My boyfriend is on the verge of making me rehome my rats because he so frustrated with them constantly chewing holes in his clothes, and as someone who has tried to shop for him before I understand. I'm honestly pretty fed up with it myself but have learned to get over it bc they're my babies and all babies have annoying habits. But anyways, what can I do to stop them from chewing on our clothing?


----------



## Grotesque (Mar 19, 2014)

Under what circumstance do they chew it? Like... when you are playing with them or when they have free time loose in a room?

Generally, if you don't want a rat to chew on something, you need to move it out of their reach.


----------



## Ladylazerstar702 (Sep 15, 2016)

Mostly while freeroaming. I do understand that and everything else has been moved far away from their grabby little hands but I'm not going to sit on the bed naked for 45 minutes 3 times a day. Nor will I ask him to.


----------



## Ladylazerstar702 (Sep 15, 2016)

This isn't as simple of a fix as just move the items out of her reach, she's literally eating the clothes of our backs.


----------



## Grotesque (Mar 19, 2014)

Ah, so they are chewing your clothes while they are still on you? LoL That's what I was asking. 

I can think of three things.

1) Watch them like a hawk and the moment they go for the clothes, give them a firm, "NO!" and pull them away. 
2) Try spraying bitter apple spray on things they like to chew. Most rats hate it and are repulsed by it. 
3) Give them more things to do to distract from the clothes. 

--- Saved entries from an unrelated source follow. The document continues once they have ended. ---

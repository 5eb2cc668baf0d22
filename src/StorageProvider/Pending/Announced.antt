-- ===== src/StorageProvider/Pending/Announced.antt =====
-- Which uploads are announced.
use archoncloud_go.Base.{
  ℕ, ◌-◌, ◌≡◌, refl, List, [], ◌∷◌, ltb, bytes_eq, bytes_eq→eq, Bool, true, Bool-cases, inl, inr,
  All, All-append, Result, ok, err, panic,
}
use mathlib.Core.List.{Memᴰ}
use archoncloud_go.Common.Bytes.{Bytes}
use archoncloud_go.StorageProvider.Pending.{
  UploadTxInfo, AccountType, PendingUpload, Chain, Status, verify_unknown, verify_failed, verify_ok,
  Verifier, contains_address, verify_info, verify, ten_minutes, is_announced, act_on, check_upload,
  check_uploads, tick,
}

-- The chain has accepted the upload's transaction, which names this provider, and the uploader's
-- signature of the hash of what was received is by the transaction's key.
abbrev pub IsConfirmed : Chain → PendingUpload → Type 0
IsConfirmed chain pu =
    (chain.is_tx_accepted pu.transaction_hash ≡ true)
    × ((up_tx : UploadTxInfo) × (chain.get_upload_tx_info pu.transaction_hash ≡ ok up_tx)
        × Memᴰ chain.address_bytes up_tx.sps
        × (chain.verify pu.computed_file_hash pu.signature up_tx.public_key ≡ true))

mem-contains_address : (a : Bytes) (xs : List Bytes) → contains_address a xs ≡ true → Memᴰ a xs
mem-contains_address a [] e = absurd cc
mem-contains_address a (x ∷ xs) e = elim (Bool-cases (bytes_eq a x)) [
  | inl k ↦ Memᴰ.head (bytes_eq→eq a x k)
  | inr k ↦ Memᴰ.tail (mem-contains_address a xs (rw k at e))
]

verify_info-ok :
    (chain : Chain) (pu : PendingUpload) (m : Result UploadTxInfo)
    → verify_info chain pu m ≡ verify_ok
    → (up_tx : UploadTxInfo) × (m ≡ ok up_tx)
      × Memᴰ chain.address_bytes up_tx.sps
      × (chain.verify pu.computed_file_hash pu.signature up_tx.public_key ≡ true)
verify_info-ok chain pu (err x) e = absurd cc
verify_info-ok chain pu panic e = absurd cc
verify_info-ok chain pu (ok up_tx) e =
    elim (Bool-cases (contains_address chain.address_bytes up_tx.sps)) [
      | inr k ↦ absurd (let wrong = (rw k at e) in cc)
      | inl k ↦
          elim (Bool-cases (chain.verify pu.computed_file_hash pu.signature up_tx.public_key)) [
            | inr j ↦ absurd (let wrong = (rw (k, j) at e) in cc)
            | inl j ↦ (up_tx, refl, mem-contains_address chain.address_bytes up_tx.sps k, j)
          ]
    ]

pub verify-ok :
    (chain : Chain) (pu : PendingUpload) → verify chain pu ≡ verify_ok → IsConfirmed chain pu
unfolding verify
verify-ok chain pu e = elim (Bool-cases (chain.is_tx_accepted pu.transaction_hash)) [
  | inr k ↦ absurd (let wrong = (rw k at e) in cc)
  | inl k ↦ (k, verify_info-ok chain pu (chain.get_upload_tx_info pu.transaction_hash) (rw k at e))
]

module _ (chain : AccountType → Chain) (announce_to_dht : Bytes → Bytes → Bool) (now : ℕ)
    (P : Bytes → Type 0) where
  All-announced :
      (pu : PendingUpload) (v : Verifier) (st : Status)
      → (st ≡ verify_ok → P pu.dht_id)
      → All P v.announced
      → All P (act_on chain announce_to_dht now pu v st).announced
  unfolding act_on
  All-announced pu v verify_ok f h = elim (Bool-cases (is_announced chain announce_to_dht now pu)) [
    | inl a ↦ rw a (All-append P v.announced (pu.dht_id ∷ []) h (f refl, tt))
    | inr a ↦ rw a h
  ]
  All-announced pu v verify_unknown f h = elim (Bool-cases (ltb ten_minutes (now - pu.received))) [
    | inl l ↦ rw l h
    | inr l ↦ rw l h
  ]
  All-announced pu v verify_failed f h = h

  check_uploads-All :
      (pus : List PendingUpload) (v : Verifier)
      → All (λ (pu : PendingUpload). IsConfirmed (chain pu.account) pu → P pu.dht_id) pus
      → All P v.announced
      → All P (check_uploads chain announce_to_dht now pus v).announced
  unfolding check_uploads check_upload
  check_uploads-All [] v f h = h
  check_uploads-All (pu ∷ pus) v (g, f) h =
      let st = verify (chain pu.account) pu in
      check_uploads-All pus (act_on chain announce_to_dht now pu v st) f
        (All-announced pu v st (λ e. g (verify-ok (chain pu.account) pu e)) h)

  -- What holds of each announced identifier, and of that of each pending upload if it is confirmed,
  -- holds of each one that is announced after a tick.
  pub tick-All :
      (v : Verifier)
      → All (λ (pu : PendingUpload). IsConfirmed (chain pu.account) pu → P pu.dht_id) v.to_verify
      → All P v.announced
      → All P (tick chain announce_to_dht now v).announced
  unfolding tick
  tick-All v f h = check_uploads-All v.to_verify (record v { to_verify = [] }) f h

I'm sure others will chime in with more ideas.


----------



## Ladylazerstar702 (Sep 15, 2016)

Maybe I'll spray my whole bedroom with the bitter apple stuff. They've destroyed my blinds, eaten all of my nice clothes, books and even my beloved blanket. They've even started chewing on the walls. This has become so incredibly frustrating. I don't get what I'm doing wrong to make them suddenly start chewing like this. They used to be such perfect little angels.


----------



## Andromeda (Apr 28, 2016)

Ladylazerstar702 said:


> Maybe I'll spray my whole bedroom with the bitter apple stuff. They've destroyed my blinds, eaten all of my nice clothes, books and even my beloved blanket. They've even started chewing on the walls. This has become so incredibly frustrating. I don't get what I'm doing wrong to make them suddenly start chewing like this. They used to be such perfect little angels.


Sounds like you've got chewers. :/ Some rats just seem to like chewing more than others. One of my guys is a chewer too. Clothes, headphones, pillows, carpet, anything he can get his teeth on he'll try to destroy.

I would suggest giving her other things to chew on. Willow sticks were a big hit with my guys. Even something as simple as a cardboard box that they can rip apart. It might at least help to distract them. 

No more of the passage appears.